How and Where Do I Get The Vaccination?
This is the toughest question I must remind myself to keep it brief. These are extraordinary times and people with good intentions are doing their very best to rollout the vaccination. Months from now we will look back and decide whether or not we made the best decisions. It is puzzling to us in the healthcare community that our governments have decided to rollout vaccination programs through acute care hospitals and so far have ignored places where people have traditionally received vaccinations – in their doctors’ offices or in pharmacies. If you’ve called your family physician’s office and have been frustrated not to receive helpful information, you’re not alone. As of this writing, neither I nor my physician colleagues know where and how our patients are going to be vaccinated. All I can advise is to “keep your ear to the ground” and follow-up any announcements that suggest vaccine rollout is being made available to you.

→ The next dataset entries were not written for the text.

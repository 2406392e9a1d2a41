-- ===== src/Password/Verify.antt =====
-- A stored hash accepts its password (game/password.cpp).
use Prim.Native.Nat.{bit_or, bit_xor, bitwise, bit_xor-bitwise, differ}
use Prim.Native.Nat
use studio_bondage_club.Prelude.{
  ℕ, zero, suc, ◌+◌, ◌*◌, ◌/◌, ◌%◌, ◌^◌, ◌<◌, ◌≡◌, ◌≤◌, ◌==◌, refl, ap, ◌∙◌, true, false, ◌||◌, ltb,
  leb, [], ◌∷◌, ◌++◌, Str, any, arith, is_empty, str_eq, codes, split, join_by, split-join_by,
  to_string, to_string-digits, stoi-to_string, int_max, ℤ, pos, negsuc,
}
use studio_bondage_club.Base64.RoundTrip.{AllBytes, base64_decode-base64_encode}
use studio_bondage_club.Base64.{enc, sextet, base64_encode}
use studio_bondage_club.Password
use studio_bondage_club.Password.{
  difference, constant_time_equal, hash_password, verify_password, rounds_or_default,
}

differ_self : (x : ℕ) → differ x x ≡ 0
differ_self zero = refl
differ_self (suc x) = differ_self x

digits_self : (n a : ℕ) → a ≤ n → Nat.digits (λ b. b) differ n a a ≡ 0
digits_self zero a h = omega (arith, h)
digits_self (suc n) zero h = refl
digits_self (suc n) (suc a) h =
    let half = digits_self n (suc a / 2) (omega (arith, h)) in
    let last = differ_self (suc a % 2) in omega (arith, half, last)

xor_self : (a : ℕ) → bit_xor a a ≡ 0
xor_self a = bit_xor-bitwise a a ∙ digits_self a a (omega arith)

no_difference : (s : Str) → difference 0 s s ≡ 0
unfolding difference
no_difference [] = refl
no_difference (x ∷ s) = rw (xor_self x) (no_difference s)

equal_self : (s : Str) → constant_time_equal s s ≡ true
unfolding constant_time_equal
equal_self s = ground (arith, no_difference s)

-- No separator stands in a number's text and in an encoded text.
enc-no_dollar : (i : ℕ) → i < 64 → (enc i == b'$') ≡ false
unfolding enc
enc-no_dollar i h = ground arith

sextet-no_dollar : (n k : ℕ) → (sextet n k == b'$') ≡ false
sextet-no_dollar n k = enc-no_dollar (n / 2 ^ k % 64) (six n k)
  where
    six : (m l : ℕ) → m / 2 ^ l % 64 < 64
    six m l = omega arith

encoded-no_dollar : (s : Str) → any (λ c. c == b'$') (base64_encode s) ≡ false
unfolding base64_encode
encoded-no_dollar [] = refl
encoded-no_dollar (a ∷ []) =
    let n = a * 2 ^ 16 in rw (sextet-no_dollar n 18, sextet-no_dollar n 12) refl
encoded-no_dollar (a ∷ b ∷ []) =
    let n = a * 2 ^ 16 + b * 2 ^ 8 in
    rw (sextet-no_dollar n 18, sextet-no_dollar n 12, sextet-no_dollar n 6) refl
encoded-no_dollar (a ∷ b ∷ c ∷ s) =
    let n = a * 2 ^ 16 + b * 2 ^ 8 + c in
    rw
      (
        sextet-no_dollar n 18,
        sextet-no_dollar n 12,
        sextet-no_dollar n 6,
        enc-no_dollar (n % 64) (omega arith),
      )
      (encoded-no_dollar s)

digits-no_dollar :
    (t : Str) → any (λ c. ltb c b'0' || ltb b'9' c) t ≡ false → any (λ c. c == b'$') t ≡ false
digits-no_dollar [] h = refl
digits-no_dollar (c ∷ t) h = ground (arith, h, digits-no_dollar t)

module _ (derive : Str → Str → ℕ → Str) where
  -- What the derivation and the salt are relied on for: they are bytes, and there are some.
  pub record IsDerivation : Type 0 where
    pub bytes : (password salt : Str) (n : ℕ) → AllBytes (derive password salt n)
    pub some_bytes : (password salt : Str) (n : ℕ) → is_empty (derive password salt n) ≡ false

  parts_of :
      (salt key : Str) (n : ℕ)
      → split b'$' (
          codes "pbkdf2$"
          ++ (to_string n ++ (b'$' ∷ (base64_encode salt ++ (b'$' ∷ base64_encode key)))))
        ≡ codes "pbkdf2" ∷ to_string n ∷ base64_encode salt ∷ base64_encode key ∷ []
  unfolding join_by
  parts_of salt key n =
      split-join_by b'$' (codes "pbkdf2")
        (to_string n ∷ base64_encode salt ∷ base64_encode key ∷ [])
        (rw
          (
            digits-no_dollar (to_string n) (to_string-digits n),
            encoded-no_dollar salt,
            encoded-no_dollar key,
          )
          refl)

  checked :
      (password salt : Str) (n : ℕ)
      → IsDerivation
      → is_empty salt ≡ false
      → Password.check derive password n salt (derive password salt n) ≡ true
  unfolding Password.check
  checked password salt n d s =
      rw (s, d.some_bytes password salt n) (equal_self (derive password salt n))

  -- The check of the parts of a stored text.
  parts-accepted :
      (password salt : Str) (n : ℕ)
      → IsDerivation
      → AllBytes salt
      → is_empty salt ≡ false
      → leb (suc n) int_max ≡ true
      → Password.verify_parts derive password (
          codes "pbkdf2"
          ∷ to_string (suc n)
          ∷ base64_encode salt
          ∷ base64_encode (derive password salt (suc n))
          ∷ [])
        ≡ true
  unfolding Password.verify_parts Password.verify_rounds str_eq
  parts-accepted password salt n d b s h =
      rw
        (
          stoi-to_string (suc n) h,
          base64_decode-base64_encode salt b,
          base64_decode-base64_encode (derive password salt (suc n))
              (d.bytes password salt (suc n)),
        )
        (checked password salt (suc n) d s)

  accepted :
      (password salt : Str) (n : ℕ)
      → IsDerivation
      → AllBytes salt
      → is_empty salt ≡ false
      → 0 < n
      → leb n int_max ≡ true
      → verify_password derive password (
          codes "pbkdf2$"
          ++ (to_string n
              ++ (b'$' ∷ (base64_encode salt ++ (b'$' ∷ base64_encode (derive password salt n))))))
        ≡ true
  unfolding verify_password
  accepted password salt zero d b s p h = absurd (omega (arith, p))
  accepted password salt (suc n) d b s p h =
      ap (Password.verify_parts derive password)
        (parts_of salt (derive password salt (suc n)) (suc n))
      ∙ parts-accepted password salt n d b s h

  rounds-positive : (i : ℤ) → 0 < rounds_or_default i
  unfolding rounds_or_default
  rounds-positive (pos zero) = omega arith
  rounds-positive (pos (suc n)) = omega arith
  rounds-positive (negsuc n) = omega arith

  -- A password is accepted against its own hash, with any salt and any number of rounds that fits an
  -- `int`, if the salt and the derived keys are bytes and not empty.
  pub verify_password-hash_password :
      (salt password : Str) (iterations : ℤ)
      → IsDerivation
      → AllBytes salt
      → is_empty salt ≡ false
      → leb (rounds_or_default iterations) int_max ≡ true
      → verify_password derive password (hash_password derive salt password iterations) ≡ true
  unfolding hash_password
  verify_password-hash_password salt password iterations d b s h =
      accepted password salt (rounds_or_default iterations) d b s (rounds-positive iterations) h
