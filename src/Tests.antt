-- ===== src/Tests.antt =====
-- Applications of the theorems at concrete inputs, and a concrete JSON library for them.
pub mod JsonExample
pub mod ChatExamples
pub mod ServerExamples
pub mod AccountExamples
pub mod CacheExamples
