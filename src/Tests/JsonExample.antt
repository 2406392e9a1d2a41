-- ===== src/Tests/JsonExample.antt =====
-- A JSON library that satisfies the laws of `JsonLib`: arrays and objects are built entry by entry.
use text.Mathlib.Text.{◌==◌}
use text.Mathlib.TextEquality.{eq_iff}
use studio_bondage_club.Prelude.{
  ℕ, suc, ◌≡◌, ◌≢◌, refl, ap, ◌∙◌, Bool, true, false, Option, none, some, List, [], ◌∷◌, String,
  Str, ℤ, arith, eq_ℤ, eq_ℤ_iff, if◌then◌else◌, str_eq, Bool-cases, inl, inr,
}
use studio_bondage_club.Json.{JsonLib}

pub data Value : Type 0 where
  v_null : Value
  v_str : Str → Value
  v_int : ℤ → Value
  v_bool : Bool → Value
  arr_end : Value
  arr_entry : Value → Value → Value
  obj_end : Value
  obj_entry : String → Value → Value → Value

abbrev pub v_arr : List Value → Value
v_arr [] = arr_end
v_arr (v ∷ vs) = arr_entry v (v_arr vs)

abbrev pub v_obj : List (String × Value) → Value
v_obj [] = obj_end
v_obj (e ∷ es) = obj_entry e.0 e.1 (v_obj es)

abbrev pub v_put : String → Value → Value → Value
v_put k v (obj_entry k' w rest) =
    let more = v_put k v rest in if k' == k then obj_entry k v rest else obj_entry k' w more
v_put k v _ = obj_entry k v obj_end

abbrev pub v_member : String → Value → Option Value
v_member k (obj_entry k' w rest) = let more = v_member k rest in if k' == k then some w else more
v_member k _ = none

abbrev pub v_elements : Value → Option (List Value)
v_elements arr_end = some []
v_elements (arr_entry v rest) = elim (v_elements rest) [ none ↦ none | some vs ↦ some (v ∷ vs) ]
v_elements _ = none

pub v_elements-v_arr : (vs : List Value) → v_elements (v_arr vs) ≡ some vs
v_elements-v_arr [] = refl
v_elements-v_arr (v ∷ vs) = rw (v_elements-v_arr vs) refl

key_same : (k : String) → (k == k) ≡ true
key_same k = (eq_iff k k).1 refl

key_other : (k k' : String) → k ≢ k' → (k == k') ≡ false
key_other k k' n = elim (Bool-cases (k == k')) [
  | inl same ↦ absurd (n ((eq_iff k k').0 same))
  | inr other ↦ other
]

pub member-put_self : (k : String) (v j : Value) → v_member k (v_put k v j) ≡ some v
member-put_self k v (obj_entry k' w rest) = elim (Bool-cases (k' == k)) [
  | inl here ↦ rw (here, key_same k) refl
  | inr there ↦ rw (there, there) (member-put_self k v rest)
]
member-put_self k v v_null = rw (key_same k) refl
member-put_self k v (v_str s) = rw (key_same k) refl
member-put_self k v (v_int n) = rw (key_same k) refl
member-put_self k v (v_bool b) = rw (key_same k) refl
member-put_self k v arr_end = rw (key_same k) refl
member-put_self k v (arr_entry a b) = rw (key_same k) refl
member-put_self k v obj_end = rw (key_same k) refl

pub member-put_ne :
    (k k' : String) (v j : Value) → k ≢ k' → v_member k' (v_put k v j) ≡ v_member k' j
member-put_ne k k' v (obj_entry l w rest) n = elim (Bool-cases (l == k)) [
  | inl here ↦
      let other = ap (λ m. m == k') ((eq_iff l k).0 here) ∙ key_other k k' n in
      rw (here, key_other k k' n, other) refl
  | inr there ↦ rw (there, member-put_ne k k' v rest n) refl
]
member-put_ne k k' v v_null n = rw (key_other k k' n) refl
member-put_ne k k' v (v_str s) n = rw (key_other k k' n) refl
member-put_ne k k' v (v_int i) n = rw (key_other k k' n) refl
member-put_ne k k' v (v_bool b) n = rw (key_other k k' n) refl
member-put_ne k k' v arr_end n = rw (key_other k k' n) refl
member-put_ne k k' v (arr_entry a b) n = rw (key_other k k' n) refl
member-put_ne k k' v obj_end n = rw (key_other k k' n) refl

abbrev pub v_erase : String → Value → Value
v_erase k (obj_entry k' w rest) =
    let more = v_erase k rest in if k' == k then more else obj_entry k' w more
v_erase k v = v

pub member-erase_self : (k : String) (j : Value) → v_member k (v_erase k j) ≡ none
member-erase_self k (obj_entry l w rest) = elim (Bool-cases (l == k)) [
  | inl here ↦ rw here (member-erase_self k rest)
  | inr there ↦ rw (there, there) (member-erase_self k rest)
]
member-erase_self k v_null = refl
member-erase_self k (v_str s) = refl
member-erase_self k (v_int n) = refl
member-erase_self k (v_bool b) = refl
member-erase_self k arr_end = refl
member-erase_self k (arr_entry a b) = refl
member-erase_self k obj_end = refl

pub member-erase_ne :
    (k k' : String) (j : Value) → k ≢ k' → v_member k' (v_erase k j) ≡ v_member k' j
member-erase_ne k k' (obj_entry l w rest) n = elim (Bool-cases (l == k)) [
  | inl here ↦
      let other = ap (λ m. m == k') ((eq_iff l k).0 here) ∙ key_other k k' n in
      rw (here, other) (member-erase_ne k k' rest n)
  | inr there ↦ rw (there, member-erase_ne k k' rest n) refl
]
member-erase_ne k k' v_null n = refl
member-erase_ne k k' (v_str s) n = refl
member-erase_ne k k' (v_int i) n = refl
member-erase_ne k k' (v_bool b) n = refl
member-erase_ne k k' arr_end n = refl
member-erase_ne k k' (arr_entry a b) n = refl
member-erase_ne k k' obj_end n = refl

abbrev pub v_items : Value → List (String × Value)
v_items (obj_entry k v rest) = (k, v) ∷ v_items rest
v_items v = []

abbrev pub v_size : Value → ℕ
v_size (obj_entry k v rest) = suc (v_size rest)
v_size (arr_entry v rest) = suc (v_size rest)
v_size v = 0

abbrev pub v_equal : Value → Value → Bool
v_equal (v_int n) (v_int m) = eq_ℤ n m
v_equal (v_str s) (v_str t) = str_eq s t
v_equal _ _ = false

abbrev pub v_text : Value → Option Str
v_text (v_str s) = some s
v_text _ = none

abbrev pub v_number : Value → Option ℤ
v_number (v_int n) = some n
v_number _ = none

abbrev pub v_truth : Value → Option Bool
v_truth (v_bool b) = some b
v_truth _ = none

abbrev pub v_is_null : Value → Bool
v_is_null v_null = true
v_is_null _ = false

abbrev pub v_is_object : Value → Bool
v_is_object obj_end = true
v_is_object (obj_entry k v rest) = true
v_is_object _ = false

pub equal-v_int : (n : ℤ) (j : Value) → v_number j ≡ some n → v_equal j (v_int n) ≡ true
equal-v_int n (v_int m) h = ground (arith, eq_ℤ_iff m n)
equal-v_int n v_null h = cc
equal-v_int n (v_str s) h = cc
equal-v_int n (v_bool b) h = cc
equal-v_int n arr_end h = cc
equal-v_int n (arr_entry a b) h = cc
equal-v_int n obj_end h = cc
equal-v_int n (obj_entry k a b) h = cc

abbrev pub json_example : JsonLib
json_example = record {
  Json = Value;
  null = v_null;
  of_str = v_str;
  of_int = v_int;
  of_bool = v_bool;
  of_arr = v_arr;
  of_obj = v_obj;
  is_null = v_is_null;
  is_object = v_is_object;
  str? = v_text;
  int? = v_number;
  num? = v_number;
  bool? = v_truth;
  arr? = v_elements;
  member? = v_member;
  equal = v_equal;
  put = v_put;
  erase = v_erase;
  size = v_size;
  items = v_items;
  str?-of_str = λ s. refl;
  int?-of_int = λ n. refl;
  equal-of_int = equal-v_int;
  arr?-of_arr = v_elements-v_arr;
  member?-put_self = member-put_self;
  member?-put_ne = member-put_ne;
  member?-erase_self = member-erase_self;
  member?-erase_ne = member-erase_ne;
}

After I’m Vaccinated, Can I Ditch the Mask?
Please continue to observe all precautions including masking and social distancing until you hear otherwise. The vaccine is not 100% effective and we still need to use all the preventive tools at our disposal. Remember the virus variants – we don’t know for certain that the vaccines work as well for them. As well, vaccinated and unmasked individuals are going to be sending some confusing signals in the wider community.
I look forward with you to shedding the mask but for now…wear the damned mask.